Is this how the Alula is supposed to behave? I'm not sure if I simply need to practice more, or if my plane is out of adjustment. I met up with the DLG pilot at the park, who looked over the plane and made sure nothing was grossly wrong, so I think the setup is pretty good.

Unfortunately the Alula suffered some major damage at the end of the day. The pod broke completely off. I've repaired it with Gorilla Glue, and will get some CF rods to reinforce it. (By the way, what is CF tow and uniweb?)

Also, there seems to be something wrong with both my servos now. They are the stock Blue Bird servos from Dream Flight.
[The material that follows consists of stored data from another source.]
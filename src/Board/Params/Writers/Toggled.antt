-- ===== src/Board/Params/Writers/Toggled.antt =====
-- lib/params.ts: what `toggleFilter` leads to from parameters that were parsed.
use Prim.Native.String.{String}
use job_dashboard.Prelude.{
  str_eq, ◌≡◌, refl, ap, ◌∙◌, true, false, not, Option, none, if◌then◌else◌,
}
use job_dashboard.Board.Chips.{Tab, Group}
use job_dashboard.Board.Params.Reading.{
  basis_of, badge_of, job_of, page_of, parse_params, read_params, listed,
}
use job_dashboard.Board.Params.{
  Numbers, Basis, vocab, Params, text, value_of, Raw, has, join, short, first, collect, pick,
  posted_windows, pick_all,
}
use job_dashboard.Board.Params.Sets.{vocab-IsWord, vocab-total, pick_all_again}
use job_dashboard.Board.Params.Fields.{first-value_of, collect-value_of, posted_again, badge_again}
use job_dashboard.Board.Params.Writers.{
  badges, set_of, basis_value, to_raw, same_group, set_filter, filtered, toggled,
}
use job_dashboard.Board.Params.Writers.Flipped.{
  IsDrawn, reread-flipped, same_group_refl, set_of-parse_params, tab-tab_text, basis-basis_value,
  pick_all-IsDrawn, flipped,
}

-- The parameters `q` are `p` with `value` added to the group or taken from it, the drawer closed and the first page shown.
pub record Toggles (group : Group) (value : String) (p q : Params) : Type 0 where
  pub flips :
      (v : String)
      → has (set_of q group) v
        ≡ (if str_eq value v then not (has (set_of p group) v) else has (set_of p group) v)
  pub others : (g : Group) → same_group group g ≡ false → set_of q g ≡ set_of p g
  pub tab : q.tab ≡ p.tab
  pub basis : q.basis ≡ p.basis
  pub posted : q.posted ≡ p.posted
  pub badge : q.badge ≡ p.badge
  pub job : q.job ≡ none
  pub page : q.page ≡ 1

module _ (numbers : Numbers) (raw : Raw) where
  abbrev parsed : Params
  parsed = parse_params numbers raw

  set_of-IsDrawn : (g : Group) → IsDrawn (set_of parsed g) (vocab parsed.tab g parsed.basis)
  set_of-IsDrawn g =
      rw (set_of-parse_params numbers raw g)
        (pick_all-IsDrawn (short (collect (raw.group g))) parsed.tab g parsed.basis)

  listed_again :
      (g : Group)
      → pick_all (short (listed (set_of parsed g))) (vocab parsed.tab g parsed.basis)
        ≡ set_of parsed g
  listed_again g =
      rw (set_of-parse_params numbers raw g)
        (pick_all_again (short (collect (raw.group g))) parsed.tab g parsed.basis)

  module _ (group : Group) (value : String) where
    abbrev led_to : Params
    led_to = toggled numbers parsed group value

    tab_again : led_to.tab ≡ parsed.tab
    unfolding toggled filtered set_filter to_raw parse_params read_params first
    tab_again = tab-tab_text parsed.tab

    basis_same : led_to.basis ≡ parsed.basis
    unfolding toggled filtered set_filter to_raw parse_params read_params first
    basis_same =
        ap (λ (tab : Tab). basis_of tab (first (basis_value parsed.basis)))
          (tab-tab_text parsed.tab)
        ∙ basis-basis_value parsed.tab (first raw.basis)

    abbrev read_of : Group → Option String
    read_of g = short (
        collect (
          if same_group group g
          then text (join (flipped (set_of parsed group) value))
          else value_of (listed (set_of parsed g))))

    set_of-toggled :
        (g : Group) → set_of led_to g ≡ pick_all (read_of g) (vocab parsed.tab g parsed.basis)
    unfolding toggled filtered set_filter to_raw
    set_of-toggled g =
        set_of-parse_params numbers
          (set_filter (badges group) (join (flipped (set_of parsed group) value)) (to_raw parsed)) g
        ∙ ap (λ (tab : Tab). pick_all (read_of g) (vocab tab g led_to.basis)) tab_again
        ∙ ap (λ (basis : Option Basis). pick_all (read_of g) (vocab parsed.tab g basis)) basis_same

    others_again : (g : Group) → same_group group g ≡ false → set_of led_to g ≡ set_of parsed g
    unfolding collect
    others_again g e = set_of-toggled g ∙ rw e (collected ∙ listed_again g)
      where
        collected :
            pick_all
              (short (collect (value_of (listed (set_of parsed g)))))
              (vocab parsed.tab g parsed.basis)
            ≡ pick_all (short (listed (set_of parsed g))) (vocab parsed.tab g parsed.basis)
        collected =
            ap (λ o. pick_all (short o) (vocab parsed.tab g parsed.basis))
              (collect-value_of (listed (set_of parsed g)))

    flips_again :
        has (vocab parsed.tab group parsed.basis) value ≡ true
        → (v : String)
        → has (set_of led_to group) v ≡ (
            if str_eq value v
            then not (has (set_of parsed group) v)
            else has (set_of parsed group) v)
    flips_again h v =
        rw (set_of-toggled group, same_group_refl group)
          (unfold collect in
            reread-flipped (set_of parsed group) (vocab parsed.tab group parsed.basis) value h
              (set_of-IsDrawn group) (vocab-IsWord parsed.tab group parsed.basis)
              (vocab-total parsed.tab group parsed.basis) v)

    posted_same : led_to.posted ≡ parsed.posted
    unfolding toggled filtered set_filter to_raw parse_params read_params
    posted_same =
        ap (λ o. pick (short o) posted_windows) (first-value_of parsed.posted)
        ∙ posted_again (short (first raw.posted))

    badge_same : led_to.badge ≡ parsed.badge
    unfolding toggled filtered set_filter to_raw parse_params read_params
    badge_same = ap badge_of (first-value_of parsed.badge) ∙ badge_again (first raw.badge)

-- From parsed parameters, toggling a value that the tab offers turns its membership of the group round and that of no other
-- value; the tab, the side of the split and the other filters stay, the drawer closes and the first page is shown.
pub toggled_lem :
    (numbers : Numbers) (raw : Raw) (group : Group) (value : String)
    → let p = parse_params numbers raw in
      has (vocab p.tab group p.basis) value ≡ true
      → Toggles group value p (toggled numbers p group value)
toggled_lem numbers raw group value h = record {
  flips = flips_again numbers raw group value h;
  others = others_again numbers raw group value;
  tab = tab_again numbers raw group value;
  basis = basis_same numbers raw group value;
  posted = posted_same numbers raw group value;
  badge = badge_same numbers raw group value;
  job = unfold toggled filtered set_filter to_raw parse_params read_params first job_of in refl;
  page = unfold toggled filtered set_filter to_raw parse_params read_params first page_of in refl;
}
At full up/down elevator (about 2mm movement), one of the servos buzzes as long as I hold it there. The other servo kind of stutters and skips back and forth as it moves, but it eventually ends up at the right position. Lastly, the servos now seem to move at different rates, so when I apply up elevator, one elevon reaches its position before the other. Is this a symptom of stripped gears? Both servos were behaving fine this morning before I took the Alula out to the park.